Some of practical benefits of the band's new municipal status are immediately apparent. No longer will the band members have to go, cap in hand, to Ottawa to get permission for any plans that involve the use of their land.

The first project of that nature is already in the works. This September, the band will sign an $8 million deal with a gravel company for the removal of high-quality aggregate from band land.

The band now qualifies for provincial revenue-sharing grants accruing to local governments, and its homeowners are eligible to receive provincial homeowners' grants.

The more militant native leaders aren't impressed with the Sechelt Indian Band's deal.
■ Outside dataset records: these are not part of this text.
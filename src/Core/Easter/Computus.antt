-- ===== src/Core/Easter/Computus.antt =====
-- acatl/date_helper.h: in which years the date is that of Easter, and in which it can be.
use acatl.Base.{ℕ, zero, suc, ◌+◌, ◌≤◌, ◌<◌, ◌≡◌, ◌⊎◌, refl, Bool, true, ◌&&◌, ◌==◌, arith}
use acatl.Core.Easter.{
  calculate_gregorian_easter, computus, day_after, moon, weekday, remainder_of_difference,
}

-- The code and the computus agree on so many years from one on.
agree : ℕ → ℕ → Bool
agree zero y = true
agree (suc n) y =
    (calculate_gregorian_easter y).0 == (computus y).0
    && (calculate_gregorian_easter y).1 == (computus y).1
    && agree n (suc y)

agree_sound :
    (n from y : ℕ)
    → agree n from ≡ true
    → from ≤ y
    → y < from + n
    → ((calculate_gregorian_easter y).0 ≡ (computus y).0)
      × ((calculate_gregorian_easter y).1 ≡ (computus y).1)
unfolding agree
agree_sound zero from y h below above = absurd (omega arith)
agree_sound (suc n) from y h below above = ground (arith, agree_sound n (suc from) y)

two_centuries : agree 200 1900 ≡ true
unfolding agree calculate_gregorian_easter computus
two_centuries = refl

-- For the years from 1900 to 2099 the month and the day that `calculateGregorianEaster` computes
-- are those of the computus of the Gregorian calendar, with its terms for the centuries, which the
-- code does without.
pub calculate_gregorian_easter-computus :
    (y : ℕ)
    → 1900 ≤ y
    → y < 2100
    → ((calculate_gregorian_easter y).0 ≡ (computus y).0)
      × ((calculate_gregorian_easter y).1 ≡ (computus y).1)
calculate_gregorian_easter-computus y below above =
    agree_sound 200 1900 y two_centuries below (omega arith)

moon_bound : (y : ℕ) → moon y ≤ 28
unfolding moon
moon_bound y = omega arith

weekday_bound : (y : ℕ) → 13 ≤ y → weekday y ≤ 6
unfolding weekday remainder_of_difference
weekday_bound y h = ground arith

day_after_bounds :
    (i j : ℕ)
    → i ≤ 28
    → j ≤ 6
    → (((day_after i j).0 ≡ 3) × (22 ≤ (day_after i j).1) × ((day_after i j).1 ≤ 31))
      ⊎ (((day_after i j).0 ≡ 4) × (1 ≤ (day_after i j).1) × ((day_after i j).1 ≤ 25))
unfolding day_after
day_after_bounds i j h k = omega arith

pub calculate_gregorian_easter_bounds :
    (y : ℕ)
    → 13 ≤ y
    → let e = calculate_gregorian_easter y in
      ((e.0 ≡ 3) × (22 ≤ e.1) × (e.1 ≤ 31)) ⊎ ((e.0 ≡ 4) × (1 ≤ e.1) × (e.1 ≤ 25))
unfolding calculate_gregorian_easter
calculate_gregorian_easter_bounds y h =
    day_after_bounds (moon y) (weekday y) (moon_bound y) (weekday_bound y h)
What worries them most is that the agreement doesn't recognize the Indians' aboriginal title to much of the land that is now British Columbia.

"It's extinguishing recognition of aboriginal people and replacing it with fee simple title of land," says Saul Terry, president of the Union of B.C. Indian Chiefs.

Terry, who is spokesman for 194 bands, representing more than 50,000 Indians in B.C., says that although the Sechelt Band made it clear that it didn't want to jeopardize the right to self-government sought by other bands, Ottawa was already using the Sechelt agreement as a potential solution all across Canada.

It's not the solution, though, as far as Terry is concerned. The Indians, he says, should not have to settle for self-government under the authority of the provincial and federal governments, which amounted to nothing more than "delegated authority."

What Terry has in mind, instead, is "an authority of government that would have identical powers to the federal and provincial governments."

I'm sure he does. I'm also sure that every mayor in British Columbia would beam in anticipation of such autonomy, but I'd rather not think about the implications of the scenario.

The Sechelt deal should not be viewed as a relinquishment of native land claims still to be negotiated between numerous bands and the federal and provincial governments. Those negotiations must and will still be conducted.

In the meantime, the Sechelt model is as good a compromise as can be reached in an imperfect world by people of good will. Nobody gets everything in a compromise, but everybody gets something.

The Sechelt agreement may not be adequate restitution for the hurt, the humilation, the paternalism and the injustice, inflicted on the native people over centuries by a race which forcefully planted itself in their midst.

But it lays the groundwork for equal partnership, albeit centuries late, between natives and non-natives in a land they are now bound to share.